Collected data:
++++

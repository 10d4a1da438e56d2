-- ===== src/Bytecode/Assembler.antt =====
-- `assembler` of src/components/compiler/output/asm.c. The hash tables from names to frames are lists
-- in the order in which they are iterated.
use saffire.Prelude.{ℕ, Option, none, some, List, [], ◌∷◌, Text, text_eq, Run, ok, undefined, ◌>>=◌}
use saffire.Asm.{Line}
use saffire.Asm.Frame.{AsmFrame}
use saffire.Asm.Assemble.{assemble_frame}
use saffire.Bytecode.{Bytecode}
use saffire.Bytecode.Link.{convert_frames_to_bytecode}

abbrev pub main_key : Text
main_key = b'm' ∷ b'a' ∷ b'i' ∷ b'n' ∷ []

-- The loop over the frames.
unfoldable pub assemble_frames : List (Text × List Line) → Run (List (Text × AsmFrame))
assemble_frames [] = ok []
assemble_frames ((key, frame) ∷ asm_code) = do
  assembled_frame ← assemble_frame frame (text_eq key main_key)
  assembled_frames ← assemble_frames asm_code
  ok ((key, assembled_frame) ∷ assembled_frames)

-- The source filename is written to the bytecode, through `NULL` where there is no main frame.
unfoldable pub named_bytecode : Option Bytecode → Run Bytecode
named_bytecode none = undefined
named_bytecode (some bc) = ok bc

unfoldable pub assembler : ℕ → List (Text × List Line) → Run Bytecode
assembler fuel asm_code = do
  assembled_frames ← assemble_frames asm_code
  bc ← convert_frames_to_bytecode fuel assembled_frames main_key 1
  named_bytecode bc
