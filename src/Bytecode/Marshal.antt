-- ===== src/Bytecode/Marshal.antt =====
-- `_write_buffer` and `bytecode_marshal` of src/components/compiler/bytecode/marshal.c.
use saffire.Prelude.{ℕ, ◌+◌, List, [], ◌∷◌, ◌++◌, length, take, le_bytes}
use saffire.Bytecode.{
  Bytes, Bytecode, bytecode, Constants, no_constants, constant, Constant, string, regex, numerical,
  code, count_constants, constant_type,
}

-- A buffer under `realloc`, and the offset of the next write into it.
pub record Buffer : Type 0 where
  pub bytes : Bytes
  pub off : ℕ

-- The buffer is resized to end behind the data that are written. The offset and the size are of type
-- `int`; what follows is the code as long as the offset behind the data is below 2 ^ 31.
unfoldable pub write_buffer : Bytes → Buffer → Buffer
write_buffer data_bytes b = record {
  bytes = take b.off b.bytes ++ data_bytes;
  off = b.off + length data_bytes;
}

-- `sizeof(int)` bytes of an integer
unfoldable pub write_int : ℕ → Buffer → Buffer
write_int n b = write_buffer (le_bytes 4 n) b

-- the loop over the identifiers
unfoldable pub write_identifiers : List Bytes → Buffer → Buffer
write_identifiers [] b = b
write_identifiers (s ∷ rest) b = write_identifiers rest (write_buffer s (write_int (length s) b))

-- a string or a regex: its length and its bytes
unfoldable pub write_text : Bytes → Buffer → Buffer
write_text s b = write_buffer s (write_int (length s) b)

-- `child` is what `child_bincode` points at. It is reused for each code constant.
unfoldable mutual
  pub bytecode_marshal : Bytecode → Buffer → Buffer
  bytecode_marshal (bytecode stack_size code_bytes identifiers constants lino_offset lino) b =
      let b₁ = write_buffer code_bytes (write_int (length code_bytes) (write_int stack_size b)) in
      let b₂ = write_identifiers identifiers (write_int (length identifiers) b₁) in
      let b₃ = marshal_constants constants [] (write_int (count_constants constants) b₂) in
      write_buffer lino (write_int (length lino) (write_int lino_offset b₃))

  pub marshal_constants : Constants → Bytes → Buffer → Buffer
  marshal_constants no_constants child b = b
  marshal_constants (constant c rest) child b =
      let (child', b') = marshal_constant c child (write_buffer (constant_type c ∷ []) b) in
      marshal_constants rest child' b'

  pub marshal_constant : Constant → Bytes → Buffer → Bytes × Buffer
  marshal_constant (string s) child b = (child, write_text s b)
  marshal_constant (regex s) child b = (child, write_text s b)
  marshal_constant (numerical l) child b = (child, write_buffer (le_bytes 8 l) (write_int 8 b))
  marshal_constant (code body) child b =
      let c = bytecode_marshal body (record { bytes = child; off = 0 }) in
      (c.bytes, write_buffer (take c.off c.bytes) (write_int c.off b))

++++

• TASK OBJECTIVE
From the entries above, return exactly the line containing "below 2 ^ 31.", the line containing "-- a string", and all lines between, and nothing else.

• ANSWER
-- `int`; what follows is the code as long as the offset behind the data is below 2 ^ 31.
unfoldable pub write_buffer : Bytes → Buffer → Buffer
write_buffer data_bytes b = record {
  bytes = take b.off b.bytes ++ data_bytes;
  off = b.off + length data_bytes;
}

-- `sizeof(int)` bytes of an integer
unfoldable pub write_int : ℕ → Buffer → Buffer
write_int n b = write_buffer (le_bytes 4 n) b

-- the loop over the identifiers
unfoldable pub write_identifiers : List Bytes → Buffer → Buffer
write_identifiers [] b = b
write_identifiers (s ∷ rest) b = write_identifiers rest (write_buffer s (write_int (length s) b))

-- a string or a regex: its length and its bytes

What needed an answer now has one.